# Confused about front lower control arm bushing



## Dailydriver (Apr 10, 2010)

I am currently swapping the bushings of my 66 GTO (cloned Le Mans) to PU and I am confused about the long holes I found on my front lower c-arms (see pictures) I haven't seen those in any pics of other 66 Pontiac c-arms and the PU bushings I bought don't fit.
Can anyone help me identify what I'm having here?

Thanks!


----------



## chevyboy91188 (Oct 31, 2009)

thats how they are in lots of the a-body cars my 66 gto has those and so does my 72 chevelle


----------



## Dailydriver (Apr 10, 2010)

thanks for the quick response.
Hmmm... bad thing is that the new bushings don't fit. Any ideas?


----------



## geeteeohguy (Feb 2, 2008)

My'67 GTO has A-arms just like that. The earlier arms had round bushings on both ends, instead of the oval bushing. You need the correct bushings. Also, it looks to me like the sleeve of the old bushings are still in place in your A arm. those need to be removed before the new bushings can be pressed in. If you are unfamiliar with the process, take the whole mess to a machine shop and have it done. Cheap and easy, and the A arm won't get all mangled up.


----------



## chevyboy91188 (Oct 31, 2009)

yeah I used my friends equipment at his shop to change mine its not an easy thing to do at home at all


----------



## geeteeohguy (Feb 2, 2008)

When I was a flat-rate auto tech in the mid '80's, I did my share of these. I still have the special air chisel bit I used for burping the old bushings out. Remove arms, buzz out the old bushings, buzz/press in the new, replace the springs and all the other worn suspension and steering parts, throw it on the Hunter A-111, set the wheel alignment, and ready to be picked up by 5pm. MAN, I'm glad I'm not doing that every day anymore. I feel old enough at 49 as is!!! Grunt work, and how!


----------



## Dailydriver (Apr 10, 2010)

Thanks for your answers guys.
I'm currently in talks with the manufacturer of the new bushings to get the two "missing" ones.
Oh yeah, I kind of forgot about the sleeves. They're coming out at the shop around the corner next week... Thanks for reminding me ;-)
Enjoy the rest of your weekends!


----------



## Thumpin455 (Feb 17, 2010)

That should be in some sort of sticky that if you are going to replace the LCA bushings you should check to see if they are round or oval. Also I have found two different sizes of round holes. Maybe a list of odd things to check before you tackle a project like this...

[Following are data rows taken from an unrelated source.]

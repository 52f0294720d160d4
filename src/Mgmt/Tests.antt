-- ===== src/Mgmt/Tests.antt =====
-- The management connection of src/mgmt.c on concrete input.
use tpe2026c1_socks.Users.{users_init}
use tpe2026c1_socks.Users.Operations.{users_init_lem}
use tpe2026c1_socks.Buffer.Bounds
use tpe2026c1_socks.Mgmt.Conn.Reach.{accepted, readable, Reaches-Goes, handle}
use tpe2026c1_socks.Net.{received, RecvResult}
use tpe2026c1_socks.Buffer.{Buffer, buffer_init}
use tpe2026c1_socks.Buffer.Bounds.{buffer_init-IsValid}
use tpe2026c1_socks.Buffer.Emit.{Emits}
use tpe2026c1_socks.Config.{config_init_defaults}
use tpe2026c1_socks.Metrics.{metrics_init}
use tpe2026c1_socks.Mgmt.Conn.{mgmt_new, mgmt_wbuf}
use tpe2026c1_socks.Mgmt.Conn.Safe.{Goes}
use tpe2026c1_socks.Mgmt.ListUsers.{emit_list_users, list_bytes}
use tpe2026c1_socks.Mgmt.Parse.{MgmtReq, no_req, parse_request}
use tpe2026c1_socks.Mgmt.Parse.Bounds.{Bounded, parse_request-Bounded}
use tpe2026c1_socks.Mgmt.Process.{Shared, process_request, set_config}
use tpe2026c1_socks.Mgmt.Process.Answer.{Answered, effect}
use tpe2026c1_socks.Mgmt.Process.Served.{Processed, process_request-Processed}
use tpe2026c1_socks.Mgmt.Wire.{resp_list_users}
use tpe2026c1_socks.Prelude.{
  Bytes, [], arith, length, length-replicate, refl, replicate, ℕ, ◌∷◌, ◌≡◌, ◌≤◌,
}
use tpe2026c1_socks.Smp.{smp_cfg_io_buffer_size, smp_cmd_set_config}
use tpe2026c1_socks.Users.Names.{names}

abbrev start : Shared
start = record { users = users_init; config = config_init_defaults; metrics = metrics_init }

abbrev empty_wbuf : Buffer
empty_wbuf = buffer_init mgmt_wbuf (replicate mgmt_wbuf 0)

empty_wbuf-IsValid : Bounds.IsValid empty_wbuf
empty_wbuf-IsValid =
    buffer_init-IsValid mgmt_wbuf (replicate mgmt_wbuf 0)
      (omega (arith, length-replicate {A = ℕ} mgmt_wbuf 0)) (omega arith)

abbrev set_size : MgmtReq
set_size = record no_req { cmd = smp_cmd_set_config; key = smp_cfg_io_buffer_size; u32 = 100 }

process_request-Processed_example :
    (g' : Shared) × (bs : Bytes) × Answered g' empty_wbuf bs
      (process_request start empty_wbuf set_size)
    × Processed start set_size g' bs
process_request-Processed_example =
    process_request-Processed start empty_wbuf set_size users_init_lem.0 empty_wbuf-IsValid
      (unfold buffer_init in omega arith)

-- The size asked for is raised to the least one.
clamped : (effect start set_size).config.io_buffer_size ≡ 256
unfolding effect set_config config_init_defaults
clamped = refl

emit_list_users_example :
    Emits (resp_list_users users_init) (list_bytes (names users_init))
    × (length (list_bytes (names users_init)) ≤ 16391)
emit_list_users_example = emit_list_users users_init users_init_lem.0

parse_request-Bounded_example : Bounded 6 (parse_request (1 ∷ 2 ∷ 2 ∷ 97 ∷ 98 ∷ 1 ∷ [])).0
parse_request-Bounded_example = parse_request-Bounded (1 ∷ 2 ∷ 2 ∷ 97 ∷ 98 ∷ 1 ∷ [])

-- The first read brings credentials.
abbrev login : RecvResult
login = received (1 ∷ 1 ∷ 97 ∷ 1 ∷ 98 ∷ [])

Reaches-Goes_example : Goes mgmt_new start (handle mgmt_new start (readable login))
unfolding mgmt_new buffer_init
Reaches-Goes_example = Reaches-Goes (readable login) (accepted users_init_lem.0) (refl, omega arith)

geeteeohguy I did it too, the new cars with the toe and go are awesome. I would just break even doing A bodies, and I could crank out 4 new cars in an hour, provided they didnt need much more than tie rod ends and an alignment. Changing a rack can be a HUGE pain.. I to am glad I dont do that stuff for a living anymore, it was rough enough in my early 30s when I could still walk ok.

I did the bushings on the 65 last month with my press, its still tons of fun with the right tools, I need to build a fixture for those things. I have 4 more A bodies to do...


----------



## 66tempestGT (Nov 28, 2009)

when i changed my bushings they asked if i had round or oval. i didnt know it was such a mystery.


----------



## hookemdevils22 (Mar 27, 2010)

Hey, does anyone know the lower control arm bushing OD for a '66 with round (not oval) holes? I got a kit from PST, and one of the bushings is waaaay too big (if I had to venture a guess, I'd say it was about 2" in diameter). I don't have the arms (or resto book) with me right now, but the smaller of the bushings in the kit fit the larger hole in the control arms, so I'm trying to figure out the correct OD of the bushing. Thanks.


----------



## hookemdevils22 (Mar 27, 2010)

Called PST and got it figured out (hopefully). There were apparently two configurations of round bushings (to Thumpin's point). The first are 1 3/8" (front) and 1 5/8" (rear), the other are 1 5/8" (front) and 1 7/8" (rear). Looks like I have the first (smaller) style, while PST sent the larger bushings. The 1 5/8" front bushings in the kit do work as rears on the smaller style, so the 1 7/8s just need to be swapped with the 1 3/8s.

One final thing, to make matters a bit more difficult - I was told also that GM used either 1/2" or 9/16" mount bolts, so I will have to verify that as well. Hope this helps anyone doing this in the future.

EDIT: Passing along some info I found at chevelles.com. From Global West:



> There are three different lower control arms used between 1964 through 72. First, the arms used from 1964-66 all had 1.625 diameter and a 1.900 diameter bushing. The bushings are also round. From 1967-1972 GM changed the bushing diameters to 1.375 diameter and 1.625 diameter. This change would have been easy for replacement parts but somewhere along the way they through a third design in the mix which apparently was a replacement for all 1964-72 A-body control arms. The third arm has a 1.625 diameter round bushing and a oval bushing. There are cars out there with round style arms on one side and oval on the other. You could have oval on both sides all together. The oval bushing is the problem. We do not make Del-a-lum bushings for this application.
> 
> In order to check and see what type of lower arms you have, simply lay on the ground and reach under the car and feel the bushings in the control arm. You will be able too tell if one is oval or not.


Napa also had the 1 3/8" bushings I needed (I exchanged mine with PST), PN 267-4237. Hope this helps the next guy who can't figure out their bushing situation.


----------